Each entry needs to be repeated exactly, with nothing added or removed.

Segment Start: Information provided

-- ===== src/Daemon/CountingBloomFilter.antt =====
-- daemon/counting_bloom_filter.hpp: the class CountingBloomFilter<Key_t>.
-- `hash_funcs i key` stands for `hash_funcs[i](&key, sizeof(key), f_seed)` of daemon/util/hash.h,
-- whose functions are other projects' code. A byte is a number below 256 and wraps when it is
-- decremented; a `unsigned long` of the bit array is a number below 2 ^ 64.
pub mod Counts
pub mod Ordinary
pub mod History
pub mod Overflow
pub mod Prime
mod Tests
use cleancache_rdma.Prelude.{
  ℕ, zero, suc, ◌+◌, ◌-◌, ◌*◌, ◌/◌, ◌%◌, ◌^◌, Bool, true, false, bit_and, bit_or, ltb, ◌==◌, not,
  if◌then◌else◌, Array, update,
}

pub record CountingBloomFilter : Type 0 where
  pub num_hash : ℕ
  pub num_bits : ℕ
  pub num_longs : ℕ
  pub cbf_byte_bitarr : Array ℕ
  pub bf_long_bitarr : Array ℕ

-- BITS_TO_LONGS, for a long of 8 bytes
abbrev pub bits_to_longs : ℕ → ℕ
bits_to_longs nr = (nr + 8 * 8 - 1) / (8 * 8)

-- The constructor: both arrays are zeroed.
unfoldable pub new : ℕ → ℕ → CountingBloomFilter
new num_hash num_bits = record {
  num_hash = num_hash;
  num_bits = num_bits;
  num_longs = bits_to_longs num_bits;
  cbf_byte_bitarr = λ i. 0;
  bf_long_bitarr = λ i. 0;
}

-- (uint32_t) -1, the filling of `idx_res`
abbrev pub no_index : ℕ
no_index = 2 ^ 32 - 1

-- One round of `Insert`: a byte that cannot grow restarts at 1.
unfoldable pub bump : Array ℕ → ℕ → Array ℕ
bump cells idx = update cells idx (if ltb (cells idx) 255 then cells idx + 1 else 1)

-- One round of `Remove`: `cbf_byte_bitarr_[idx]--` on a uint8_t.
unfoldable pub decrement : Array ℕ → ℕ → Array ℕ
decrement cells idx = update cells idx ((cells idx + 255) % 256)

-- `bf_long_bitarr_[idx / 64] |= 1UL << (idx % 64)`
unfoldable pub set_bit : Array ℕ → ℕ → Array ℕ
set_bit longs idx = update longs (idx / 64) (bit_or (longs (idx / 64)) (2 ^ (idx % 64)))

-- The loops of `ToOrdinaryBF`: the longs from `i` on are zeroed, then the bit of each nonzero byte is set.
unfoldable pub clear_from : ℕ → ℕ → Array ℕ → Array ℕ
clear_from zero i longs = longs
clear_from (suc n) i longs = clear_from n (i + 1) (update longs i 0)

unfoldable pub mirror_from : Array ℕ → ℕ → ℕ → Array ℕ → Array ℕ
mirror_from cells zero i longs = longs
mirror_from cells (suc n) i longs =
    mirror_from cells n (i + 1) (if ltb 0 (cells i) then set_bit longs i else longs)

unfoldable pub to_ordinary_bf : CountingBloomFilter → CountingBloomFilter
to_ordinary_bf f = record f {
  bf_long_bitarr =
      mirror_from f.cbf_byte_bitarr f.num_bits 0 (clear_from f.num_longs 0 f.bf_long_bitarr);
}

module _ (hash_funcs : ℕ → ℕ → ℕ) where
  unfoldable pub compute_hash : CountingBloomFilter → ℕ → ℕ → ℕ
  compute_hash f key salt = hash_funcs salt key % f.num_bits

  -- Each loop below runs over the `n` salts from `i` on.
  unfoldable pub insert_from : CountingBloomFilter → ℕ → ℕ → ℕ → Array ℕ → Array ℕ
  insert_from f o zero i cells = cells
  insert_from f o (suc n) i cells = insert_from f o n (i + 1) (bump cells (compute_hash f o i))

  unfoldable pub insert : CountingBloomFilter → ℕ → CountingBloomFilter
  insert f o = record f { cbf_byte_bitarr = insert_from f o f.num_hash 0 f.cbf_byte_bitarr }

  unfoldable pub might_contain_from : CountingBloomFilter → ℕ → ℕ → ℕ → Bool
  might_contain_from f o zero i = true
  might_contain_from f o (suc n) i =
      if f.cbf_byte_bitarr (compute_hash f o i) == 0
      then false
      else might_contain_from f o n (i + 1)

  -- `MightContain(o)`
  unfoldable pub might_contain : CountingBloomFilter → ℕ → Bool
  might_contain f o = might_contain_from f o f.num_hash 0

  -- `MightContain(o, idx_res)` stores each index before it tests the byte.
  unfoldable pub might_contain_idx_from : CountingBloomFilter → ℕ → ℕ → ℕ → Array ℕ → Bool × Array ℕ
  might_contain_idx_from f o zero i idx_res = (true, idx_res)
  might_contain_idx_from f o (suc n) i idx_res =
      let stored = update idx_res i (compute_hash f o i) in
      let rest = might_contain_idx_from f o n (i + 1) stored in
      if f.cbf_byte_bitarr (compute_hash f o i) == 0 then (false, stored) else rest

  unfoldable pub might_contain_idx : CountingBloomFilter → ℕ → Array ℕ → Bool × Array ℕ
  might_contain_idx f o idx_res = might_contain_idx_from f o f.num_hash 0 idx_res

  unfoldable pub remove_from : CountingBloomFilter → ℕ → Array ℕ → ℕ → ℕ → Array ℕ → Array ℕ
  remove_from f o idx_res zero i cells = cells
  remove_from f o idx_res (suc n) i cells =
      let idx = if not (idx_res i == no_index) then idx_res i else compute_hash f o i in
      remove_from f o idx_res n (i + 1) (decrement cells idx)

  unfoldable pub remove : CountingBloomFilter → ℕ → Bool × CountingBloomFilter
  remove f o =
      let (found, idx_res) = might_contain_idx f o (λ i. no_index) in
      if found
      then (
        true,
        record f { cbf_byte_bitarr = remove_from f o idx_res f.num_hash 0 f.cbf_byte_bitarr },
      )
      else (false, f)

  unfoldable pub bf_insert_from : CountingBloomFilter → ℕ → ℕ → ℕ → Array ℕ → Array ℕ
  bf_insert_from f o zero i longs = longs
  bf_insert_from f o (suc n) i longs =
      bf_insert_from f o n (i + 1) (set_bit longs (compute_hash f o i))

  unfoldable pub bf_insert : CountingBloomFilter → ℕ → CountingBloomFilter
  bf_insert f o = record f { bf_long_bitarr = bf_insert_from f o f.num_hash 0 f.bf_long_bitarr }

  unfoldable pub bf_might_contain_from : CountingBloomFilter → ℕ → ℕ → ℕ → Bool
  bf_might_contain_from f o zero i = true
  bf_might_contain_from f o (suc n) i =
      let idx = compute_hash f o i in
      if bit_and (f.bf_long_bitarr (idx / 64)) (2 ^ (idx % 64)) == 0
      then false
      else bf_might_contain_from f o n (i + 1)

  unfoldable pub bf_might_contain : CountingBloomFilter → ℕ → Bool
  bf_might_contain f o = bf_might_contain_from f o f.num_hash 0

Segment End: Information provided

Solution to this problem:
-- ===== src/Daemon/CountingBloomFilter.antt =====
-- daemon/counting_bloom_filter.hpp: the class CountingBloomFilter<Key_t>.
-- `hash_funcs i key` stands for `hash_funcs[i](&key, sizeof(key), f_seed)` of daemon/util/hash.h,
-- whose functions are other projects' code. A byte is a number below 256 and wraps when it is
-- decremented; a `unsigned long` of the bit array is a number below 2 ^ 64.
pub mod Counts
pub mod Ordinary
pub mod History
pub mod Overflow
pub mod Prime
mod Tests
use cleancache_rdma.Prelude.{
  ℕ, zero, suc, ◌+◌, ◌-◌, ◌*◌, ◌/◌, ◌%◌, ◌^◌, Bool, true, false, bit_and, bit_or, ltb, ◌==◌, not,
  if◌then◌else◌, Array, update,
}

pub record CountingBloomFilter : Type 0 where
  pub num_hash : ℕ
  pub num_bits : ℕ
  pub num_longs : ℕ
  pub cbf_byte_bitarr : Array ℕ
  pub bf_long_bitarr : Array ℕ

-- BITS_TO_LONGS, for a long of 8 bytes
abbrev pub bits_to_longs : ℕ → ℕ
bits_to_longs nr = (nr + 8 * 8 - 1) / (8 * 8)

-- The constructor: both arrays are zeroed.
unfoldable pub new : ℕ → ℕ → CountingBloomFilter
new num_hash num_bits = record {
  num_hash = num_hash;
  num_bits = num_bits;
  num_longs = bits_to_longs num_bits;
  cbf_byte_bitarr = λ i. 0;
  bf_long_bitarr = λ i. 0;
}

-- (uint32_t) -1, the filling of `idx_res`
abbrev pub no_index : ℕ
no_index = 2 ^ 32 - 1

-- One round of `Insert`: a byte that cannot grow restarts at 1.
unfoldable pub bump : Array ℕ → ℕ → Array ℕ
bump cells idx = update cells idx (if ltb (cells idx) 255 then cells idx + 1 else 1)

-- One round of `Remove`: `cbf_byte_bitarr_[idx]--` on a uint8_t.
unfoldable pub decrement : Array ℕ → ℕ → Array ℕ
decrement cells idx = update cells idx ((cells idx + 255) % 256)

-- `bf_long_bitarr_[idx / 64] |= 1UL << (idx % 64)`
unfoldable pub set_bit : Array ℕ → ℕ → Array ℕ
set_bit longs idx = update longs (idx / 64) (bit_or (longs (idx / 64)) (2 ^ (idx % 64)))

-- The loops of `ToOrdinaryBF`: the longs from `i` on are zeroed, then the bit of each nonzero byte is set.
unfoldable pub clear_from : ℕ → ℕ → Array ℕ → Array ℕ
clear_from zero i longs = longs
clear_from (suc n) i longs = clear_from n (i + 1) (update longs i 0)

unfoldable pub mirror_from : Array ℕ → ℕ → ℕ → Array ℕ → Array ℕ
mirror_from cells zero i longs = longs
mirror_from cells (suc n) i longs =
    mirror_from cells n (i + 1) (if ltb 0 (cells i) then set_bit longs i else longs)

unfoldable pub to_ordinary_bf : CountingBloomFilter → CountingBloomFilter
to_ordinary_bf f = record f {
  bf_long_bitarr =
      mirror_from f.cbf_byte_bitarr f.num_bits 0 (clear_from f.num_longs 0 f.bf_long_bitarr);
}

module _ (hash_funcs : ℕ → ℕ → ℕ) where
  unfoldable pub compute_hash : CountingBloomFilter → ℕ → ℕ → ℕ
  compute_hash f key salt = hash_funcs salt key % f.num_bits

  -- Each loop below runs over the `n` salts from `i` on.
  unfoldable pub insert_from : CountingBloomFilter → ℕ → ℕ → ℕ → Array ℕ → Array ℕ
  insert_from f o zero i cells = cells
  insert_from f o (suc n) i cells = insert_from f o n (i + 1) (bump cells (compute_hash f o i))

  unfoldable pub insert : CountingBloomFilter → ℕ → CountingBloomFilter
  insert f o = record f { cbf_byte_bitarr = insert_from f o f.num_hash 0 f.cbf_byte_bitarr }

  unfoldable pub might_contain_from : CountingBloomFilter → ℕ → ℕ → ℕ → Bool
  might_contain_from f o zero i = true
  might_contain_from f o (suc n) i =
      if f.cbf_byte_bitarr (compute_hash f o i) == 0
      then false
      else might_contain_from f o n (i + 1)

  -- `MightContain(o)`
  unfoldable pub might_contain : CountingBloomFilter → ℕ → Bool
  might_contain f o = might_contain_from f o f.num_hash 0

  -- `MightContain(o, idx_res)` stores each index before it tests the byte.
  unfoldable pub might_contain_idx_from : CountingBloomFilter → ℕ → ℕ → ℕ → Array ℕ → Bool × Array ℕ
  might_contain_idx_from f o zero i idx_res = (true, idx_res)
  might_contain_idx_from f o (suc n) i idx_res =
      let stored = update idx_res i (compute_hash f o i) in
      let rest = might_contain_idx_from f o n (i + 1) stored in
      if f.cbf_byte_bitarr (compute_hash f o i) == 0 then (false, stored) else rest

  unfoldable pub might_contain_idx : CountingBloomFilter → ℕ → Array ℕ → Bool × Array ℕ
  might_contain_idx f o idx_res = might_contain_idx_from f o f.num_hash 0 idx_res

  unfoldable pub remove_from : CountingBloomFilter → ℕ → Array ℕ → ℕ → ℕ → Array ℕ → Array ℕ
  remove_from f o idx_res zero i cells = cells
  remove_from f o idx_res (suc n) i cells =
      let idx = if not (idx_res i == no_index) then idx_res i else compute_hash f o i in
      remove_from f o idx_res n (i + 1) (decrement cells idx)

  unfoldable pub remove : CountingBloomFilter → ℕ → Bool × CountingBloomFilter
  remove f o =
      let (found, idx_res) = might_contain_idx f o (λ i. no_index) in
      if found
      then (
        true,
        record f { cbf_byte_bitarr = remove_from f o idx_res f.num_hash 0 f.cbf_byte_bitarr },
      )
      else (false, f)

  unfoldable pub bf_insert_from : CountingBloomFilter → ℕ → ℕ → ℕ → Array ℕ → Array ℕ
  bf_insert_from f o zero i longs = longs
  bf_insert_from f o (suc n) i longs =
      bf_insert_from f o n (i + 1) (set_bit longs (compute_hash f o i))

  unfoldable pub bf_insert : CountingBloomFilter → ℕ → CountingBloomFilter
  bf_insert f o = record f { bf_long_bitarr = bf_insert_from f o f.num_hash 0 f.bf_long_bitarr }

  unfoldable pub bf_might_contain_from : CountingBloomFilter → ℕ → ℕ → ℕ → Bool
  bf_might_contain_from f o zero i = true
  bf_might_contain_from f o (suc n) i =
      let idx = compute_hash f o i in
      if bit_and (f.bf_long_bitarr (idx / 64)) (2 ^ (idx % 64)) == 0
      then false
      else bf_might_contain_from f o n (i + 1)

  unfoldable pub bf_might_contain : CountingBloomFilter → ℕ → Bool
  bf_might_contain f o = bf_might_contain_from f o f.num_hash 0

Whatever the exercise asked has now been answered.